[What you have to do] Gather all lines in the data that hold the string "every".

(Stored items)
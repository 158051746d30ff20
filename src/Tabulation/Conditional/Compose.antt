-- ===== src/Tabulation/Conditional/Compose.antt =====
-- Composition of conditional edge functions is composition of what they do to a state.
use goplint.Base.{◌≡◌, sym, ap₂, arith}
use goplint.Base.Bits.{bit_or_assoc}
use goplint.Protocol.State.{AbstractState}
use goplint.Protocol.EdgeFunc.{
  EdgeFuncTag, new_edge_func, apply_edge, apply_tag, tag_of, escape_tag, consume_tag,
}
use goplint.Tabulation.Conditional.{ConditionalEdgeFunc, apply_conditional, then_summary, then_tag}

-- A path and then the summary of a callee do to every state what the two do one after the other.
pub apply_conditional-then_summary :
    (effect next : ConditionalEdgeFunc) (s : AbstractState)
    → apply_conditional (then_summary effect next) s
      ≡ apply_conditional next (apply_conditional effect s)
unfolding apply_conditional then_summary
apply_conditional-then_summary effect next s = ground (
  arith,
  bit_or_assoc s.hazards effect.required.hazards next.required.hazards,
  bit_or_assoc s.hazards effect.required.hazards next.proven.hazards,
  bit_or_assoc s.hazards effect.proven.hazards next.required.hazards,
  bit_or_assoc s.hazards effect.proven.hazards next.proven.hazards,
)

pair : AbstractState → AbstractState → ConditionalEdgeFunc
pair p q = record { required = p; proven = q }

-- Summaries may be composed in any grouping.
pub then_summary_assoc :
    (a b c : ConditionalEdgeFunc)
    → then_summary (then_summary a b) c ≡ then_summary a (then_summary b c)
unfolding then_summary pair
then_summary_assoc a b c =
    ap₂ pair (sym (apply_conditional-then_summary b c a.required))
      (sym (apply_conditional-then_summary b c a.proven))

-- Two states with the same validation, hazards and result.
abbrev pub SameVerdict : AbstractState → AbstractState → Type 0
SameVerdict s t = (s.validation ≡ t.validation) × (s.hazards ≡ t.hazards) × (s.result ≡ t.result)

tag_verdict :
    (t : EdgeFuncTag) (effect : ConditionalEdgeFunc) (s : AbstractState)
    → SameVerdict
        (apply_conditional
          (record { required = apply_tag t effect.required; proven = apply_tag t effect.proven })
          s)
        (apply_tag t (apply_conditional effect s))
unfolding apply_conditional apply_tag
tag_verdict escape_tag effect s = ground (
  arith,
  bit_or_assoc s.hazards effect.required.hazards 1,
  bit_or_assoc s.hazards effect.proven.hazards 1,
)
tag_verdict consume_tag effect s = ground (
  arith,
  bit_or_assoc s.hazards effect.required.hazards 2,
  bit_or_assoc s.hazards effect.proven.hazards 2,
)
tag_verdict _ effect s = ground arith

-- A path and then one edge give every state the validation, the hazards and the result that the
-- edge gives to the state at the end of the path.
pub apply_conditional-then_tag :
    (effect : ConditionalEdgeFunc) (tag : EdgeFuncTag) (s : AbstractState)
    → SameVerdict
        (apply_conditional (then_tag effect tag) s)
        (apply_edge (new_edge_func tag) (apply_conditional effect s))
unfolding then_tag apply_edge
apply_conditional-then_tag effect tag s = tag_verdict (tag_of (new_edge_func tag).tag) effect s
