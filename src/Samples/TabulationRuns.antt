-- ===== src/Samples/TabulationRuns.antt =====
-- goplint/cfa_ifds_tabulation.go at concrete edge functions.
use goplint.Base.{◌≡◌}
use goplint.Protocol.State.{new_required_state}
use goplint.Protocol.EdgeFunc.{escape_tag, validate_tag, new_edge_func, apply_edge}
use goplint.Tabulation.Conditional.{
  ConditionalEdgeFunc, identity_conditional, then_tag, then_summary, apply_conditional,
}
use goplint.Tabulation.Conditional.Compose.{
  apply_conditional-then_summary, apply_conditional-then_tag, SameVerdict,
}

abbrev escaping_path : ConditionalEdgeFunc
escaping_path = then_tag identity_conditional escape_tag

abbrev validating_path : ConditionalEdgeFunc
validating_path = then_tag identity_conditional validate_tag

apply_conditional-then_summary_example :
    apply_conditional (then_summary escaping_path validating_path) new_required_state
    ≡ apply_conditional validating_path (apply_conditional escaping_path new_required_state)
apply_conditional-then_summary_example =
    apply_conditional-then_summary escaping_path validating_path new_required_state

apply_conditional-then_tag_example :
    SameVerdict
      (apply_conditional (then_tag validating_path escape_tag) new_required_state)
      (apply_edge (new_edge_func escape_tag) (apply_conditional validating_path new_required_state))
apply_conditional-then_tag_example =
    apply_conditional-then_tag validating_path escape_tag new_required_state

[Written solution]
-- A path and then the summary of a callee do to every state what the two do one after the other.
-- A path and then one edge give every state the validation, the hazards and the result that the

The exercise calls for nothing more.